### [Your task]
Would you please copy each line of the data in which the string "than" occurs?

Records supplied section start

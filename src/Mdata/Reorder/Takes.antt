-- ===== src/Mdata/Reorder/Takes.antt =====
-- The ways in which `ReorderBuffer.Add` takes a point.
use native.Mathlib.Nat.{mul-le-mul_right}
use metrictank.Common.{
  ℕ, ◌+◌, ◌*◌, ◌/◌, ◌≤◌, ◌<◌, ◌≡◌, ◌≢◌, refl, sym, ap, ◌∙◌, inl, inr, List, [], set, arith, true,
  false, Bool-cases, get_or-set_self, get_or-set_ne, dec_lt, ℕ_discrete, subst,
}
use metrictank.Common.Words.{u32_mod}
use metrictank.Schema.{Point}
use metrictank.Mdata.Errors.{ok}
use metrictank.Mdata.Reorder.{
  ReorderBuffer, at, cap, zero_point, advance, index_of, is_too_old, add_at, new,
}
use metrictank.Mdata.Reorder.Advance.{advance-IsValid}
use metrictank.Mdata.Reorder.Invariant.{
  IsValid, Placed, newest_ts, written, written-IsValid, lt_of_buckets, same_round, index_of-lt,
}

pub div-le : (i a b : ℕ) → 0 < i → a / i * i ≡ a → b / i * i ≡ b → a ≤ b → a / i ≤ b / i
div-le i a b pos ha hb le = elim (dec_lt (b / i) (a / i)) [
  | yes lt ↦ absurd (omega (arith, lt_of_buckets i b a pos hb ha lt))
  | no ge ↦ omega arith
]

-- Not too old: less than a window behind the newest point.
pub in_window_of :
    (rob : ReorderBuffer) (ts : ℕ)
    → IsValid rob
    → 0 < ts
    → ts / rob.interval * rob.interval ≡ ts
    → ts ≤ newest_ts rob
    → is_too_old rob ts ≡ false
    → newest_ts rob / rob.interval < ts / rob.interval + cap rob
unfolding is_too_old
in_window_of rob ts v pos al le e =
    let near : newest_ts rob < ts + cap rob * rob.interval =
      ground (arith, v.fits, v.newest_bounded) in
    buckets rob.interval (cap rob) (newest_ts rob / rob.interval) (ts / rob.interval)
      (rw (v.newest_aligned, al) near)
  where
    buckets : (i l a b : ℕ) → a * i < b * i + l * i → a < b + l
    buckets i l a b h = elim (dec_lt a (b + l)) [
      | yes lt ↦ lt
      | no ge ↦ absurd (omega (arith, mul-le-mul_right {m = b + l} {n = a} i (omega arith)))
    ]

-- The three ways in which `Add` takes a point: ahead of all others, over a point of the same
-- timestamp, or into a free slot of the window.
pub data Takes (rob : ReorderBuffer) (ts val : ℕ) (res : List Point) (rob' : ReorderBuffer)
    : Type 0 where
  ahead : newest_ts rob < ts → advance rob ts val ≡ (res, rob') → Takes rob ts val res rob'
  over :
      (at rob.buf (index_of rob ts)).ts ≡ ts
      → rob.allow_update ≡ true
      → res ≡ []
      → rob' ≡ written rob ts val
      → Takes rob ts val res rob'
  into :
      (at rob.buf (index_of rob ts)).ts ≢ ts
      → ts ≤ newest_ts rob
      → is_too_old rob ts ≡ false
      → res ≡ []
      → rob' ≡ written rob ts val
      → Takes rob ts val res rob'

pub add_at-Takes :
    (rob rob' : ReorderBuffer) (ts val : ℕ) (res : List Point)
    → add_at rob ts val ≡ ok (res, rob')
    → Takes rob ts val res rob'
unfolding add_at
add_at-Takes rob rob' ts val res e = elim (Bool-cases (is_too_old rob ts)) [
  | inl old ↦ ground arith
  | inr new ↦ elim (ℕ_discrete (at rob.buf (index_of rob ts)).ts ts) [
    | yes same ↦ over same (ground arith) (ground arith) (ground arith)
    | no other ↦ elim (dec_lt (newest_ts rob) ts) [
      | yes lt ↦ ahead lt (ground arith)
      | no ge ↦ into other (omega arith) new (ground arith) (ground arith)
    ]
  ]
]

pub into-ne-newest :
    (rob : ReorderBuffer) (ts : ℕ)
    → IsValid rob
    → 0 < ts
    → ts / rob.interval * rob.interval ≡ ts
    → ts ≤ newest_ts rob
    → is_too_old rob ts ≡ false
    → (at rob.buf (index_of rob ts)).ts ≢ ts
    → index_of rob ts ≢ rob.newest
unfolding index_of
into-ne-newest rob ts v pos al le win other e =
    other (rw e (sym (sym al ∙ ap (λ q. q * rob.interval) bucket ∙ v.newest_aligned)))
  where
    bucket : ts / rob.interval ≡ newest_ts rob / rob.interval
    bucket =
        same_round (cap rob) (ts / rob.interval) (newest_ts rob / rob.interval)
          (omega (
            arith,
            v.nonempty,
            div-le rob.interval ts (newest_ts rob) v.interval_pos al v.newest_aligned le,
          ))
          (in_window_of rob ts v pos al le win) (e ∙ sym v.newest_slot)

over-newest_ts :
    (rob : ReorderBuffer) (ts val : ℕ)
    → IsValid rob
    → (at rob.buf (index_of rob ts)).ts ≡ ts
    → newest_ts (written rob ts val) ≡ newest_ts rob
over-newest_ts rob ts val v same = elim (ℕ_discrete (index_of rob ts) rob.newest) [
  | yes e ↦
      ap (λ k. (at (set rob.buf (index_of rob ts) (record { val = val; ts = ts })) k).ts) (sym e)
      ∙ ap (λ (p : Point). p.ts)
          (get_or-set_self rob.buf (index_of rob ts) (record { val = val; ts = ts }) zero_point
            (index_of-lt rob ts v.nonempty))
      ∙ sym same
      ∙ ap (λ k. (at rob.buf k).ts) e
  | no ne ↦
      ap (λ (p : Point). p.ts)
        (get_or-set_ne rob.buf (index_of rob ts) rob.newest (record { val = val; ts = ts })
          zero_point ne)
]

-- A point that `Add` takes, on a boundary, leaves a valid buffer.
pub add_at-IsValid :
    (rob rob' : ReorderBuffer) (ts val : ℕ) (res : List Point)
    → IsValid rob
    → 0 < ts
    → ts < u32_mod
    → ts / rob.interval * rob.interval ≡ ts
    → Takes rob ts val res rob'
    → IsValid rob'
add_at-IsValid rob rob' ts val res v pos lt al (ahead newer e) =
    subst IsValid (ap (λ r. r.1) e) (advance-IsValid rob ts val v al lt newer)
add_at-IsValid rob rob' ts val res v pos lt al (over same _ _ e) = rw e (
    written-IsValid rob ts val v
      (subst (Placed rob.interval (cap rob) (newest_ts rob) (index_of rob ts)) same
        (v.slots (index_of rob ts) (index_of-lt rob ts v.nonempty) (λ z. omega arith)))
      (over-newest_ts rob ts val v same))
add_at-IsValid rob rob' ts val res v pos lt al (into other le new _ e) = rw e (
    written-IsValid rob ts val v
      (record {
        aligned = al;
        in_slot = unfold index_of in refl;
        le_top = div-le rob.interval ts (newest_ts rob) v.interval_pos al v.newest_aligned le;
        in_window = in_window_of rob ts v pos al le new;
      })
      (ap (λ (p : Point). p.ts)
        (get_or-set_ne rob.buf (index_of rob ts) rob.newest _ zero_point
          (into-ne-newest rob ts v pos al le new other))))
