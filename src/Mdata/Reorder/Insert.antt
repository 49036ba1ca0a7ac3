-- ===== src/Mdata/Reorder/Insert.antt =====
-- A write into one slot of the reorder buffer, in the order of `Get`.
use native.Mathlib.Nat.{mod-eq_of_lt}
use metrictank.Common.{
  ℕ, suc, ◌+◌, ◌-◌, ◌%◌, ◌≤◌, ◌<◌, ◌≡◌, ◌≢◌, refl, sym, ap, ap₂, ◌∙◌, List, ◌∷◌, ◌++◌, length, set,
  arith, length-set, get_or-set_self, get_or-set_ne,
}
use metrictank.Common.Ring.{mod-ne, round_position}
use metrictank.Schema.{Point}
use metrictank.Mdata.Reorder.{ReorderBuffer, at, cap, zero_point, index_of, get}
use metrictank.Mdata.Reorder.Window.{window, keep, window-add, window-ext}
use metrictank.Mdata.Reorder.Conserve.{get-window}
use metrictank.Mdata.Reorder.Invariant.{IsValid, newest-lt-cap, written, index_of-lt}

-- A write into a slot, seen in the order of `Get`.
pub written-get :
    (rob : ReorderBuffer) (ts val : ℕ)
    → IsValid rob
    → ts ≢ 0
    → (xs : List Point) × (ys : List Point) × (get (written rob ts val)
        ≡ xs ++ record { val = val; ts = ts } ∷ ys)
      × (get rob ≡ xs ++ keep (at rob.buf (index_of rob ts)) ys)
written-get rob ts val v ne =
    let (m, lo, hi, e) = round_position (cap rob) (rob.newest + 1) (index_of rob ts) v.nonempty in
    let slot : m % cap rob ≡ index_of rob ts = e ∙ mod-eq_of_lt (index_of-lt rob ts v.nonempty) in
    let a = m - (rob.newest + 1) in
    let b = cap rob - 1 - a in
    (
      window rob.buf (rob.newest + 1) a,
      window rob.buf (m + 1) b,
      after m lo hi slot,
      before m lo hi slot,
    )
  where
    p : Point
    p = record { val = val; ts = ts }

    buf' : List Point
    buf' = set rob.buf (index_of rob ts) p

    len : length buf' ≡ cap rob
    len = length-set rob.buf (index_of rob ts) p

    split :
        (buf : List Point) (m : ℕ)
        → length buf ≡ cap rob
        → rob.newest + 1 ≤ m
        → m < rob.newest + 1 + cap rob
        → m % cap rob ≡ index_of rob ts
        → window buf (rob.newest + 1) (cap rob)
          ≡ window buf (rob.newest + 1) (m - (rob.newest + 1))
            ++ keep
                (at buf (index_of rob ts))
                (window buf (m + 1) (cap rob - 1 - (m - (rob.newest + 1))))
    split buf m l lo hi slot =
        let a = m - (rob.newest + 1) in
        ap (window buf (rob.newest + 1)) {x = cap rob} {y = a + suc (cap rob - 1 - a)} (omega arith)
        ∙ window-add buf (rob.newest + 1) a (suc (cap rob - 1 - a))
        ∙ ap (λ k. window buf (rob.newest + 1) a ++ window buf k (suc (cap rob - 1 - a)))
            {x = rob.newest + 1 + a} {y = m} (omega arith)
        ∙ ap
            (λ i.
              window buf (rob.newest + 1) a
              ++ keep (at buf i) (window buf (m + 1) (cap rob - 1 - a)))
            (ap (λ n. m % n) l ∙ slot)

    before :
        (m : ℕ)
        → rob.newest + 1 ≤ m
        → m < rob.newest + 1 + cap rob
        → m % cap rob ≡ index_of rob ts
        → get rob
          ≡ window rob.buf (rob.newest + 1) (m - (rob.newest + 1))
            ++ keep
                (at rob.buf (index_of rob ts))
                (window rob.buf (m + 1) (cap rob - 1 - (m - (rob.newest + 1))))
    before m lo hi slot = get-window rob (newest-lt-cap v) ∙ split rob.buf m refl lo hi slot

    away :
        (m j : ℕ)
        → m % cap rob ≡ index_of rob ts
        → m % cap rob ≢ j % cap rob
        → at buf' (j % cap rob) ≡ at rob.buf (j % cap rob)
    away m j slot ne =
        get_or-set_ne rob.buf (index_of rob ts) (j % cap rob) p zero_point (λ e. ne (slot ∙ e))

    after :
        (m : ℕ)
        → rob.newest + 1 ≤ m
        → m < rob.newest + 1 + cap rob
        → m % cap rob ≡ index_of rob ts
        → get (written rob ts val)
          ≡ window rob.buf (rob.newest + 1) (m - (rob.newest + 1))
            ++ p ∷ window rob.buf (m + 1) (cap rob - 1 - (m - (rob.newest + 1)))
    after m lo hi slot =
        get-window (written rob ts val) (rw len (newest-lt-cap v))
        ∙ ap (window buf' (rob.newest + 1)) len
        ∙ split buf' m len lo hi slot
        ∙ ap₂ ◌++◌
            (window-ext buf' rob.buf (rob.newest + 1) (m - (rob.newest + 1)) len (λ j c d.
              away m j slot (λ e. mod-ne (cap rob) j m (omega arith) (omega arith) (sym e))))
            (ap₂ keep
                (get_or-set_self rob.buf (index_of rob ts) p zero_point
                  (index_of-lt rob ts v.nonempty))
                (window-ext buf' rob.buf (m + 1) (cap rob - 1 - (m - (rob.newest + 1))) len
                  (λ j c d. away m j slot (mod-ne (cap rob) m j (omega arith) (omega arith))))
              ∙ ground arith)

Records supplied section end
Records supplied section start

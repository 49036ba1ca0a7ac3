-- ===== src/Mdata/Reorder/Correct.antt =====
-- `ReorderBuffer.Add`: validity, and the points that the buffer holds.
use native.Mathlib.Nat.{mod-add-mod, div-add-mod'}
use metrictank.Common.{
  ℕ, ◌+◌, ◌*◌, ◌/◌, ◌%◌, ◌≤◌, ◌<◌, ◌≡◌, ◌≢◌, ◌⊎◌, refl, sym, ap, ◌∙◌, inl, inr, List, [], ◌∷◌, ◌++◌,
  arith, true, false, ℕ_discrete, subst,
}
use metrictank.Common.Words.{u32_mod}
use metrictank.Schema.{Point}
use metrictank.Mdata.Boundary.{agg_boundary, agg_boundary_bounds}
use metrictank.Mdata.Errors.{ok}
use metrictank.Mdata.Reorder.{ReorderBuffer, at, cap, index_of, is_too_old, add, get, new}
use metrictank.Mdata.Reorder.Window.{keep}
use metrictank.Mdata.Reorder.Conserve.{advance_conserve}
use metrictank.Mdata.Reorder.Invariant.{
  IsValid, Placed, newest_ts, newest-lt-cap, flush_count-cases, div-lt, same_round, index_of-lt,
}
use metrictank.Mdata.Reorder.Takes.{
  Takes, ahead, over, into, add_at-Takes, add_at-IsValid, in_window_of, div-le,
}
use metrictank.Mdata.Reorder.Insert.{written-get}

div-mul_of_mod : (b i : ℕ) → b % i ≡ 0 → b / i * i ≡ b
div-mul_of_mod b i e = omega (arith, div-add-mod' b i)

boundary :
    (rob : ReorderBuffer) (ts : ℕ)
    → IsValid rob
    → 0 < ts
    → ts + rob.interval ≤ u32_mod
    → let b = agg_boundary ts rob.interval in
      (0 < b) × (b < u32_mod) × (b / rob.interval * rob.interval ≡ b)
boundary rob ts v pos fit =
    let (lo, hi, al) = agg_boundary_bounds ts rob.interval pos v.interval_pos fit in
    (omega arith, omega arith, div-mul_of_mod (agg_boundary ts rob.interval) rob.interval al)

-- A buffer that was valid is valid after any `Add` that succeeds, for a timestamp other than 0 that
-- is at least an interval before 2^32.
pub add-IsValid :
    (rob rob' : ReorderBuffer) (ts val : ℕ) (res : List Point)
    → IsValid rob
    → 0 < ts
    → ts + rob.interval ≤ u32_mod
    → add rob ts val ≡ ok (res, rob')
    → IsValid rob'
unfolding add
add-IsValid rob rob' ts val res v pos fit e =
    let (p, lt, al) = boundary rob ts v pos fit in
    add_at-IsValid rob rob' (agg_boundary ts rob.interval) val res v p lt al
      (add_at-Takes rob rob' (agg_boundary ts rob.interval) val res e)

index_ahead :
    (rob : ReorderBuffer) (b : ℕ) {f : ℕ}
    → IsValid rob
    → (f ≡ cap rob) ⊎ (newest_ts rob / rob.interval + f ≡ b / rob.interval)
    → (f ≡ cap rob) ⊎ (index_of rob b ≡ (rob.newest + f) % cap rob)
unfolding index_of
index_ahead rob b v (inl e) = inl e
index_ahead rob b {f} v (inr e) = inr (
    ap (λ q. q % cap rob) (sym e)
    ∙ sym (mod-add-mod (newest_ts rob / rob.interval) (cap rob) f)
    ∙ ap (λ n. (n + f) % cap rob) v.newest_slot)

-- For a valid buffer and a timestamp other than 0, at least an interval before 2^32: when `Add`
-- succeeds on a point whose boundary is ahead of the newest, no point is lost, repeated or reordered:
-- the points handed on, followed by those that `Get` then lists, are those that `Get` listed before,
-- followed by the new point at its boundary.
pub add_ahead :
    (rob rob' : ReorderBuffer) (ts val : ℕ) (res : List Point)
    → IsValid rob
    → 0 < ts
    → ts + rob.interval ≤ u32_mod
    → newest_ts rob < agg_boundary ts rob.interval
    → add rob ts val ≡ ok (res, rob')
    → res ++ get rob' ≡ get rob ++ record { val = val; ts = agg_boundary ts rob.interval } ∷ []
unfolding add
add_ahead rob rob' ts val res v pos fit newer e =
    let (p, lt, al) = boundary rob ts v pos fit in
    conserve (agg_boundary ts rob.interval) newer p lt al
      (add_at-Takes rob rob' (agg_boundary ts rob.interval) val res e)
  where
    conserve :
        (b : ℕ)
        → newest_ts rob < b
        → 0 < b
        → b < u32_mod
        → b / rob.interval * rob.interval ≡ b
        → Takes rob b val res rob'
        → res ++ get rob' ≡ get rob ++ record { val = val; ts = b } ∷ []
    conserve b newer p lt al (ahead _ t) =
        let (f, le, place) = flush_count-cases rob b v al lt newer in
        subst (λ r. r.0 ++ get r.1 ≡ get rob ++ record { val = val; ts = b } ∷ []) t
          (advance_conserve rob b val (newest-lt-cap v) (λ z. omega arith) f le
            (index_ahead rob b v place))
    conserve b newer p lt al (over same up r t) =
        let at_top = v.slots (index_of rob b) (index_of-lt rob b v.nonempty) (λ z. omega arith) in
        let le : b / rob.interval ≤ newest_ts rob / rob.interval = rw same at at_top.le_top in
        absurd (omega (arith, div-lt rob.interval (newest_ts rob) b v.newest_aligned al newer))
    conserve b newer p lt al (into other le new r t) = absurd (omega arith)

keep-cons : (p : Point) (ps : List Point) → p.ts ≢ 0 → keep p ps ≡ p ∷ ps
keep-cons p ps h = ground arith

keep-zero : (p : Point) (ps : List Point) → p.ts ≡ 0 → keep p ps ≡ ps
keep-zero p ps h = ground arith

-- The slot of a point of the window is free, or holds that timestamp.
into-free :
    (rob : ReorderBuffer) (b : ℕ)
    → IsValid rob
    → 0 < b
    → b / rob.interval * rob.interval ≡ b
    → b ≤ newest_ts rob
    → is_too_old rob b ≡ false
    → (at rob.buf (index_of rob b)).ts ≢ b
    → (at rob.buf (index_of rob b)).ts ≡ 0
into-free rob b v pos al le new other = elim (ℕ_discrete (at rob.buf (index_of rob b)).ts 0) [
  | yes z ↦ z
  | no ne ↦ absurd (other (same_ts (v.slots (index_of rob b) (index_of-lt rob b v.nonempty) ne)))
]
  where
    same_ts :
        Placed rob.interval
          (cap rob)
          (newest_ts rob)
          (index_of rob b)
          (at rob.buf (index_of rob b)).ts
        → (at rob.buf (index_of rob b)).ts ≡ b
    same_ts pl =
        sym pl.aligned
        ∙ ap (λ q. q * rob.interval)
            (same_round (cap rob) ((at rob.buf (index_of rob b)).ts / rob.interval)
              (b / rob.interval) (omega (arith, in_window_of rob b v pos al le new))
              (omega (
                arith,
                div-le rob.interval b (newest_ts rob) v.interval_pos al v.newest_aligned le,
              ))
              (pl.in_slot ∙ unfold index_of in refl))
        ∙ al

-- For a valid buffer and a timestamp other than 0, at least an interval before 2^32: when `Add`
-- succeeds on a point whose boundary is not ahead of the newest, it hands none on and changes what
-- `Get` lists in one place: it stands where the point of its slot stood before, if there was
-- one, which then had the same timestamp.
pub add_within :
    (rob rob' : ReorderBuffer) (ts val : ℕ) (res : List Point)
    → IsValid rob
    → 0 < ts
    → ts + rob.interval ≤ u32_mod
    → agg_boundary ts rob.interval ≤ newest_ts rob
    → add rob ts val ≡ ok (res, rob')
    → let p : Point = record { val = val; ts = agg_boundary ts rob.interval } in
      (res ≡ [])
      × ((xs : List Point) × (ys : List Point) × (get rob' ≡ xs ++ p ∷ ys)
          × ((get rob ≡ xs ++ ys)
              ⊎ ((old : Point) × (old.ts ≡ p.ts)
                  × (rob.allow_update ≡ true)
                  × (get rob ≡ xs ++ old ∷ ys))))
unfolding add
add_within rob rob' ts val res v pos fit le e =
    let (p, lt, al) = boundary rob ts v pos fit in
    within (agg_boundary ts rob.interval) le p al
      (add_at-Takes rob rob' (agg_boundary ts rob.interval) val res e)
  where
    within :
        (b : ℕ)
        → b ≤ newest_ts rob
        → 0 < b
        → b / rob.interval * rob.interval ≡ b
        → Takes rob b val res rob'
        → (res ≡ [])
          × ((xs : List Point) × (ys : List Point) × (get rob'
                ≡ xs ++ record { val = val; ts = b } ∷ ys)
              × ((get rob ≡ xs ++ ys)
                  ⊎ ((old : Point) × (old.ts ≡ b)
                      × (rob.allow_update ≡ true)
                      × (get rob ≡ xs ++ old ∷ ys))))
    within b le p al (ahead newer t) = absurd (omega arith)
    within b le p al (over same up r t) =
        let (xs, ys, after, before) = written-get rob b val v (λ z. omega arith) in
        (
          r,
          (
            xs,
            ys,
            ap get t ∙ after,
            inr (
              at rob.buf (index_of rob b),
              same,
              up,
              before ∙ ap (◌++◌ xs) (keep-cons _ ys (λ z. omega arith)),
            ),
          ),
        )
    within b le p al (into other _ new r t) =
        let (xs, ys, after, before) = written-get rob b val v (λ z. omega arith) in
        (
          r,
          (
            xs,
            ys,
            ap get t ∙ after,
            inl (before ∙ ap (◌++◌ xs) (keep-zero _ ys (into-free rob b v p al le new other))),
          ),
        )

Records supplied section end

### [Exercise result]
-- Not too old: less than a window behind the newest point.
-- A buffer that was valid is valid after any `Add` that succeeds, for a timestamp other than 0 that
-- For a valid buffer and a timestamp other than 0, at least an interval before 2^32: when `Add`
-- For a valid buffer and a timestamp other than 0, at least an interval before 2^32: when `Add`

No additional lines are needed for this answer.